Projects

Frag Gene Scan HPC

HPC
C
MPI
Bioinformatics

HPC acceleration of FragGeneScan for faster gene prediction on multicore and clustered systems while preserving result correctness.

Context

Gene prediction is a core problem in computational biology, especially for metagenomic workloads where sequence volume and error rates can make processing expensive. FragGeneScan is accurate for these scenarios, but runtime becomes a practical bottleneck at scale.

What I built

I developed an HPC-oriented version of FragGeneScan focused on accelerating execution in multicore cluster environments.
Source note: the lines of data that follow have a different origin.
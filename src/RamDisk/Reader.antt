-- ===== src/RamDisk/Reader.antt =====
-- kernel/src/ram_disk.rs: the kernel's view of the disk that the boot loader placed in memory.
use steelmind_os.Base.{
  ℕ, ◌+◌, ◌-◌, ◌/◌, Option, some, none, List, Bool, true, false, length, leb, ltb, ◌==◌,
  if◌then◌else◌, Checked, ok, ◌>>=◌, ◌>>◌, ass, unwrap, add64, sub64, mul64, index, slice_from,
  slice,
}
use steelmind_os.RamDisk.Bytes.{Bytes, words}
use steelmind_os.RamDisk.Image.{Hasher}

-- The two fields of `BootInfo` that matter here. `ramdisk` is the memory region of `ramdisk_len`
-- bytes that starts at `ramdisk_addr`.
pub record BootInfo : Type 0 where
  pub ramdisk_addr : Option ℕ
  pub ramdisk : Bytes

-- A boot that found the disk at `addr`.
abbrev pub boot_with : ℕ → Bytes → BootInfo
boot_with addr disk = record { ramdisk_addr = some addr; ramdisk = disk }

abbrev pub ramdisk_len : BootInfo → ℕ
ramdisk_len b = length b.ramdisk

-- `from_raw_parts(ramdisk_ptr as *const u64, ramdisk_len / 8)`
unfoldable pub ramdisk_u64_slice : BootInfo → List ℕ
unfolding words
ramdisk_u64_slice b = words (ramdisk_len b / 8) b.ramdisk

unfoldable pub file_bounds : List ℕ → ℕ → Checked (ℕ × ℕ)
file_bounds file_end_slice i =
    if i == 0 then (do size ← index file_end_slice 0; ok (0, size)) else (do
      start ← index file_end_slice (i - 1)
      end ← index file_end_slice i
      size ← sub64 end start
      ok (start, size))

unfoldable pub get_file_slice : BootInfo → ℕ → Checked Bytes
unfolding ramdisk_u64_slice
get_file_slice b i = do
  addr ← unwrap b.ramdisk_addr
  let u64s = ramdisk_u64_slice b
  file_count ← index u64s 2
  file_end_slice ← slice_from u64s 3
  ass (ltb i file_count)
  (raw_file_start, file_size) ← file_bounds file_end_slice i
  head ← add64 file_count 3
  head_bytes ← mul64 head 8
  file_start ← add64 raw_file_start head_bytes
  file_end ← add64 file_start file_size
  slice b.ramdisk file_start file_end

unfoldable pub get_file_count : BootInfo → Checked ℕ
unfolding ramdisk_u64_slice
get_file_count b = do addr ← unwrap b.ramdisk_addr; index (ramdisk_u64_slice b) 2

abbrev is_some : Option ℕ → Bool
is_some none = false
is_some (some _) = true

-- Panics where the disk is damaged.
unfoldable pub assert_soundness : Hasher → BootInfo → Checked (Unit {0})
unfolding ramdisk_u64_slice
assert_soundness H b = do
  ass (is_some b.ramdisk_addr)
  ass (leb (8 + 8 + 8 + 8 + 1) (ramdisk_len b))
  let u64s = ramdisk_u64_slice b
  ram_disk_read_length ← index u64s 0
  ass (ram_disk_read_length == ramdisk_len b)
  ram_disk_read_checksum ← index u64s 1
  hashed ← slice_from b.ramdisk 16
  let checksum = H.finish (H.write H.default hashed)
  ass (ram_disk_read_checksum == checksum)
  file_count ← index u64s 2
  a ← sub64 ram_disk_read_length 8
  b' ← sub64 a 8
  c ← sub64 b' 8
  ass (leb file_count (c / 9))
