-- ===== src/KernelMain.antt =====
-- kernel/src/main.rs and kernel/src/acpi.rs: what is checked of the boot loader's information, and what is read
-- of the description of the machine.
pub mod Checks
mod Examples
use steelmind_os.Base.{
  ℕ, suc, ◌+◌, ◌==◌, ltb, if◌then◌else◌, Bool, true, false, not, ◌&&◌, Option, none, some, List, [],
  ◌∷◌, Checked, ok, panic, ◌>>=◌, ◌>>◌, ass, unwrap,
}
use steelmind_os.Constants.{kernel_dynamic_start, kernel_dynamic_end}
use steelmind_os.RamDisk.Image.{Hasher}
use steelmind_os.RamDisk.Reader.{assert_soundness}
use steelmind_os.RamDisk.Reader

-- The frame buffer: the address and the length of its bytes, and the length in its description.
pub record FrameBuffer : Type 0 where
  pub start : ℕ
  pub len : ℕ
  pub byte_len : ℕ

-- The boot loader's information; the part about the RAM disk is that of RamDisk/Reader.
pub record BootInfo : Type 0 where
  pub physical_memory_offset : Option ℕ
  pub framebuffer : Option FrameBuffer
  pub disk : Reader.BootInfo

abbrev pub unwrap_or : Option ℕ → ℕ → ℕ
unwrap_or none d = d
unwrap_or (some a) d = a

unfoldable pub assert_boot_info : Hasher → BootInfo → Checked (Unit {0})
assert_boot_info H b = do
  expected ← unwrap b.physical_memory_offset
  fb ← unwrap b.framebuffer
  ass (fb.len == fb.byte_len)
  ass (ltb kernel_dynamic_start fb.start)
  ass (ltb kernel_dynamic_start (unwrap_or b.disk.ramdisk_addr 0))
  ass (ltb kernel_dynamic_start (unwrap_or b.physical_memory_offset 0))
  ass (ltb fb.start kernel_dynamic_end)
  ramdisk ← unwrap b.disk.ramdisk_addr
  ass (ltb ramdisk kernel_dynamic_end)
  offset ← unwrap b.physical_memory_offset
  ass (ltb offset kernel_dynamic_end)
  assert_soundness H b.disk

-- The crate `acpi`: the state of a processor, and an entry for one.
pub data ProcessorState : Type 0 where
  disabled waiting_for_sipi running : ProcessorState

pub record Processor : Type 0 where
  pub state : ProcessorState
  pub is_ap : Bool

-- The address of the local APIC, where the machine has one, and the entries of `application_processors`, where it
-- lists any.
pub record PlatformInfo : Type 0 where
  pub local_apic_address : Option ℕ
  pub application_processors : Option (List Processor)

pub record Acpi : Type 0 where
  pub local_apic_ptr : ℕ
  pub ap_count : ℕ

abbrev pub is_disabled : ProcessorState → Bool
is_disabled disabled = true
is_disabled waiting_for_sipi = false
is_disabled running = false

-- `filter(..).count()`
unfoldable pub count_aps : List Processor → ℕ
count_aps [] = 0
count_aps (e ∷ es) =
    if not (is_disabled e.state) && e.is_ap then suc (count_aps es) else count_aps es

-- `platform_info` is the result of the crate's call; `physical_memory_offset + local_apic_address` is not checked for an
-- overflow, which the addresses of a machine do not have.
unfoldable pub acpi_new :
    (physical_memory_offset : ℕ) → (platform_info : Option PlatformInfo) → Checked Acpi
unfolding count_aps
acpi_new physical_memory_offset platform_info = do
  info ← unwrap platform_info
  local_apic_address ← unwrap info.local_apic_address
  processors ← unwrap info.application_processors
  ok (record {
    local_apic_ptr = physical_memory_offset + local_apic_address;
    ap_count = count_aps processors;
  })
The project combines parallel execution approaches and workflow tooling so researchers can process larger inputs faster without changing expected output behavior.

Technical approach

The implementation uses C as the core runtime, with distributed and shared-memory parallelization strategies based on MPI and OpenMP. I also integrated scripts for compilation, execution, and correctness verification to compare results against the reference tool. This keeps performance improvements grounded in reproducibility and scientific validity.

Outcome

FragGeneScan HPC demonstrates that meaningful speedups can be achieved for gene prediction pipelines on multicore clusters while maintaining result consistency with the original method. The project also produced reusable documentation and operational workflows that make the accelerated version easier to adopt in practice.